You have a working computer you do not need a new one.

Words exist in the mind as words. When I perceive a word in my mind I perceive a word.
When my mind tells me I see a house then yes I have an house in my mind. Everything I sense goes through the mind, the mind can be easily tricked. The mind can tell me of the appearance of thoughts of things that are not what they seem as the case of optical illusions.

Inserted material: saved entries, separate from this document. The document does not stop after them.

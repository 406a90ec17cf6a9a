-- ===== src/Spill/Reduce.antt =====
-- `reduce_in_memory_segments_sharded_in_order_from`: the segments of each shard feed a slab of reservoirs,
-- and the rows go to a callback in the order of the points. The callback may fail; its state is `S`.
pub mod Rows
pub mod Slab
pub mod Group
pub mod Order
pub mod Whole
use forge_ann.Prelude.{
  ℕ, zero, suc, ◌+◌, ◌-◌, ◌*◌, ◌%◌, ◌^◌, ◌≤◌, min, max, Bool, true, false, ◌&&◌, ◌||◌, ltb, leb,
  ◌==◌, if◌then◌else◌, Option, none, some, List, [], ◌∷◌, ◌++◌, map, length, contains,
}
use forge_ann.Prelude.Usize.{saturating_mul}
use forge_ann.Prelude.Results.{Result, ok, err, ◌>>=◌, ok_or}
use forge_ann.Prelude.Sorting.{sort_by}
use forge_ann.Reservoir.{Reservoir, new, clear, insert, drain_neighbors}
use forge_ann.Spill.{
  PendingEdge, SpillRecord, to_pending_edge, SpillError, outside_points, outside_shard,
  outside_range, out_of_order, panicked, unfinished,
}
use forge_ann.Spill.Memory.{InMemorySpillSegment, InMemorySpillArtifacts, by_src}

-- usize, of 64 bits
abbrev pub add_usize : ℕ → ℕ → ℕ
add_usize a b = (a + b) % 2 ^ 64

pub allocate_reservoir_slab : ℕ → ℕ → Result SpillError (List Reservoir)
allocate_reservoir_slab zero l_max = ok []
allocate_reservoir_slab (suc points) l_max =
    ok_or (new l_max) panicked >>= λ r. allocate_reservoir_slab points l_max >>= λ rs. ok (r ∷ rs)

clear_first : ℕ → List Reservoir → List Reservoir
clear_first zero rs = rs
clear_first (suc n) [] = []
clear_first (suc n) (r ∷ rs) = clear r ∷ clear_first n rs

pub resize_or_reset_reservoirs : List Reservoir → ℕ → ℕ → Result SpillError (List Reservoir)
unfolding allocate_reservoir_slab clear_first
resize_or_reset_reservoirs reservoirs points l_max =
    (if ltb (length reservoirs) points
      then (allocate_reservoir_slab (points - length reservoirs) l_max >>= λ more.
          ok (reservoirs ++ more))
      else ok reservoirs)
    >>= λ grown. ok (clear_first points grown)

-- `reservoirs[local_idx].insert(edge.c, edge.hash, edge.dist)`
pub insert_local : List Reservoir → ℕ → PendingEdge → Result SpillError (List Reservoir)
insert_local [] i edge = err panicked
insert_local (r ∷ rs) zero edge =
    ok_or (insert r edge.c edge.hash edge.dist) panicked >>= λ r'. ok (r' ∷ rs)
insert_local (r ∷ rs) (suc i) edge = insert_local rs i edge >>= λ rs'. ok (r ∷ rs')

pub record Chunk : Type 0 where
  pub chunk_start : ℕ
  pub chunk_end : ℕ
  pub reservoirs : List Reservoir

pub record SpillReduceStats : Type 0 where
  pub shard_groups : ℕ
  pub segments_scanned : ℕ
  pub part_files_opened : ℕ
  pub max_segments_in_group : ℕ

-- The size of the `BTreeSet` of the ids.
distinct_count : List ℕ → ℕ
distinct_count [] = 0
distinct_count (t ∷ ts) = if contains t ts then distinct_count ts else suc (distinct_count ts)

count_of : ℕ → List ℕ → ℕ
count_of t [] = 0
count_of t (u ∷ us) = if u == t then suc (count_of t us) else count_of t us

-- The largest number of times that an id of the first list occurs in the second.
largest_count : List ℕ → List ℕ → ℕ
unfolding count_of
largest_count [] ids = 0
largest_count (t ∷ ts) ids = max (count_of t ids) (largest_count ts ids)

pub max_in_memory_segments_per_shard : List InMemorySpillSegment → ℕ
unfolding largest_count
max_in_memory_segments_per_shard segments =
    let ids = map (λ s. s.shard_id) segments in largest_count ids ids

abbrev pub by_shard : InMemorySpillSegment → InMemorySpillSegment → Bool
by_shard a b = ltb a.shard_id b.shard_id || ((a.shard_id == b.shard_id) && leb a.src_min b.src_min)

abbrev pub by_range : InMemorySpillSegment → InMemorySpillSegment → Bool
by_range a b = ltb a.src_min b.src_min || ((a.src_min == b.src_min) && leb a.src_max b.src_max)

pub join_run :
    InMemorySpillSegment
    → List (ℕ × List InMemorySpillSegment)
    → List (ℕ × List InMemorySpillSegment)
join_run s [] = (s.shard_id, s ∷ []) ∷ []
join_run s ((t, group) ∷ runs) =
    if t == s.shard_id then (t, s ∷ group) ∷ runs else (s.shard_id, s ∷ []) ∷ (t, group) ∷ runs

-- The runs of segments of one shard that the loop over `i` meets.
pub shard_runs : List InMemorySpillSegment → List (ℕ × List InMemorySpillSegment)
unfolding join_run
shard_runs [] = []
shard_runs (s ∷ segments) = join_run s (shard_runs segments)

pub check_ranges : ℕ → ℕ → List InMemorySpillSegment → Result SpillError (Unit {0})
check_ranges shard_start shard_end [] = ok tt
check_ranges shard_start shard_end (s ∷ segments) =
    if ltb s.src_min shard_start || leb shard_end s.src_max
    then err outside_shard
    else check_ranges shard_start shard_end segments

pub sort_records : InMemorySpillSegment → InMemorySpillSegment
sort_records s = record s { records = sort_by by_src s.records }

abbrev pub no_stats : SpillReduceStats
no_stats = record {
  shard_groups = 0;
  segments_scanned = 0;
  part_files_opened = 0;
  max_segments_in_group = 0;
}

unfoldable pub reduce_stats : List InMemorySpillSegment → SpillReduceStats
unfolding max_in_memory_segments_per_shard distinct_count
reduce_stats segments = record {
  shard_groups = distinct_count (map (λ t. t.shard_id) segments);
  segments_scanned = length segments;
  part_files_opened = 0;
  max_segments_in_group = max_in_memory_segments_per_shard segments;
}

module _ {S : Type 0} (on_point_done : ℕ → List ℕ → S → Result SpillError S) where
  -- The rows of the first `count` reservoirs; the reservoirs are empty afterwards.
  unfoldable pub emit_points : ℕ → ℕ → List Reservoir → S → Result SpillError (List Reservoir × S)
  emit_points point zero reservoirs s = ok (reservoirs, s)
  emit_points point (suc count) [] s = err panicked
  emit_points point (suc count) (r ∷ rs) s =
      let (neighbors, drained) = drain_neighbors r in
      on_point_done (point % 2 ^ 32) neighbors s >>= λ s'.
      emit_points (suc point) count rs s' >>= λ more. ok (drained ∷ more.0, more.1)

  unfoldable pub emit_shard : ℕ → ℕ → List Reservoir → S → Result SpillError (List Reservoir × S)
  unfolding emit_points
  emit_shard shard_start shard_end reservoirs s =
      emit_points shard_start (shard_end - shard_start) reservoirs s

  pub emit_empty_points : ℕ → ℕ → S → Result SpillError S
  emit_empty_points point zero s = ok s
  emit_empty_points point (suc count) s =
      on_point_done (point % 2 ^ 32) [] s >>= λ s'. emit_empty_points (suc point) count s'

  pub emit_empty_point_range : ℕ → ℕ → S → Result SpillError S
  unfolding emit_empty_points
  emit_empty_point_range start end s = emit_empty_points start (end - start) s

  module _ (point_start point_end points_per_chunk l_max : ℕ) where
    abbrev next_end : ℕ → ℕ
    next_end chunk_end = min (add_usize chunk_end points_per_chunk) point_end

    -- `while edge.p >= chunk_end`
    pub advance : ℕ → ℕ → Chunk → S → Result SpillError (Chunk × S)
    unfolding emit_shard resize_or_reset_reservoirs
    advance zero p c s = err unfinished
    advance (suc fuel) p c s = elim (leb c.chunk_end p) [
      | false ↦ ok (c, s)
      | true ↦ emit_shard c.chunk_start c.chunk_end c.reservoirs s >>= λ emitted.
          (if leb point_end c.chunk_end
            then err outside_range
            else resize_or_reset_reservoirs emitted.0 (next_end c.chunk_end - c.chunk_end) l_max)
          >>= λ reservoirs.
              advance fuel p
                (record {
                  chunk_start = c.chunk_end;
                  chunk_end = next_end c.chunk_end;
                  reservoirs = reservoirs;
                })
                emitted.1
    ]

    pub reduce_records : List SpillRecord → Chunk → S → Result SpillError (Chunk × S)
    unfolding advance insert_local to_pending_edge
    reduce_records [] c s = ok (c, s)
    reduce_records (r ∷ records) c s =
        let edge = to_pending_edge r in
        elim (ltb edge.p point_start) [
          | true ↦ reduce_records records c s
          | false ↦ elim (leb point_end edge.p) [
            | true ↦ ok (c, s)
            | false ↦ advance (suc point_end) edge.p c s >>= λ moved.
                (if ltb edge.p moved.0.chunk_start
                  then err out_of_order
                  else insert_local moved.0.reservoirs (edge.p - moved.0.chunk_start) edge)
                >>= λ reservoirs.
                    reduce_records records (record moved.0 { reservoirs = reservoirs }) moved.1
          ]
        ]

    pub reduce_segments : List InMemorySpillSegment → Chunk → S → Result SpillError (Chunk × S)
    unfolding reduce_records
    reduce_segments [] c s = ok (c, s)
    reduce_segments (segment ∷ segments) c s =
        reduce_records segment.records c s >>= λ moved. reduce_segments segments moved.0 moved.1

    -- `while chunk_start < point_end`
    pub emit_chunks : ℕ → Chunk → S → Result SpillError S
    unfolding emit_shard resize_or_reset_reservoirs
    emit_chunks zero c s = err unfinished
    emit_chunks (suc fuel) c s = elim (ltb c.chunk_start point_end) [
      | false ↦ ok s
      | true ↦ emit_shard c.chunk_start c.chunk_end c.reservoirs s >>= λ emitted.
          (if ltb c.chunk_end point_end
            then resize_or_reset_reservoirs emitted.0 (next_end c.chunk_end - c.chunk_end) l_max
            else ok emitted.0)
          >>= λ reservoirs.
              emit_chunks fuel
                (record {
                  chunk_start = c.chunk_end;
                  chunk_end = next_end c.chunk_end;
                  reservoirs = reservoirs;
                })
                emitted.1
    ]

  pub reduce_in_memory_segment_group_in_range :
      ℕ → ℕ → ℕ → ℕ → List InMemorySpillSegment → S → Result SpillError S
  unfolding reduce_segments emit_chunks allocate_reservoir_slab sort_records
  reduce_in_memory_segment_group_in_range point_start point_end l_max points_per_shard segments s =
      if leb point_end point_start
      then ok s
      else let sorted = sort_by by_range (map sort_records segments) in
        let points_per_chunk = min (max points_per_shard 1) (max (point_end - point_start) 1) in
        let chunk_end = min (add_usize point_start points_per_chunk) point_end in
        (allocate_reservoir_slab (chunk_end - point_start) l_max >>= λ reservoirs.
        reduce_segments point_start point_end points_per_chunk l_max sorted
          (record { chunk_start = point_start; chunk_end = chunk_end; reservoirs = reservoirs }) s
        >>= λ moved.
            emit_chunks point_start point_end points_per_chunk l_max (suc point_end) moved.0
              moved.1)

  -- The loop over the groups, and the rows after the last group.
  pub reduce_runs :
      ℕ → ℕ → ℕ → ℕ → ℕ → List (ℕ × List InMemorySpillSegment) → S → Result SpillError S
  unfolding emit_empty_point_range check_ranges reduce_in_memory_segment_group_in_range
  reduce_runs num_points point_start l_max shard_points next_point [] s =
      if ltb next_point num_points then emit_empty_point_range next_point num_points s else ok s
  reduce_runs num_points point_start l_max shard_points next_point ((shard_id, group) ∷ runs) s =
      let shard_start = saturating_mul shard_id shard_points in
      let shard_end = min (add_usize shard_start shard_points) num_points in
      let group_start = max shard_start point_start in
      elim (leb num_points shard_start) [
        | true ↦ err outside_points
        | false ↦ elim (leb shard_end point_start) [
          | true ↦ reduce_runs num_points point_start l_max shard_points next_point runs s
          | false ↦
              (if ltb next_point group_start
                then emit_empty_point_range next_point group_start s
                else ok s)
              >>= λ s1. check_ranges shard_start shard_end group >>= λ _.
                  reduce_in_memory_segment_group_in_range group_start shard_end l_max shard_points
                    group s1
                  >>= λ s2. reduce_runs num_points point_start l_max shard_points shard_end runs s2
        ]
      ]

  unfoldable pub reduce_in_memory_segments_sharded_in_order_from :
      ℕ → ℕ → ℕ → InMemorySpillArtifacts → S → Result SpillError (SpillReduceStats × S)
  unfolding reduce_runs shard_runs reduce_stats
  reduce_in_memory_segments_sharded_in_order_from num_points point_start l_max artifacts s =
      if (num_points == 0) || leb num_points point_start
      then ok (no_stats, s)
      else let segments = sort_by by_shard artifacts.segments in
        (reduce_runs num_points point_start l_max artifacts.shard_points point_start
            (shard_runs segments) s
          >>= λ s'. ok (reduce_stats segments, s'))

There are hundreds of thousands of words and my mind does I do not know the meaning of them, the meaning is unknown to my mind. Foreign language is jibberishs to my mind . I do not try to communicate ideas in French words to English word speakers who do not know this language.
Persons(minds) who speak different languages to other persons(minds) that cannot understand those words don’t usally hurt others with their words they tend to confuse them as the foreign language is jibberish not recognized by the mind/person as “words”. Do those jibberish foreign letters hurt you ?No because the mind(person) is not separate from the jibberish (letters)that is appearing in it.
A reasoning mind will not replace words as we know them compare them to jiberish, or keep saying words exist outside the mind and don't hurt persons in cases of verbal abuse (that by your example, can hurt so much that it becomes intolerable to live).
I know you still want to say words are outside the mind therefore words don't have meaning but its just no the case.

The meaning of words is in the mind.
Where do you think words exist outside your mind?
How do you perceive words without your mind?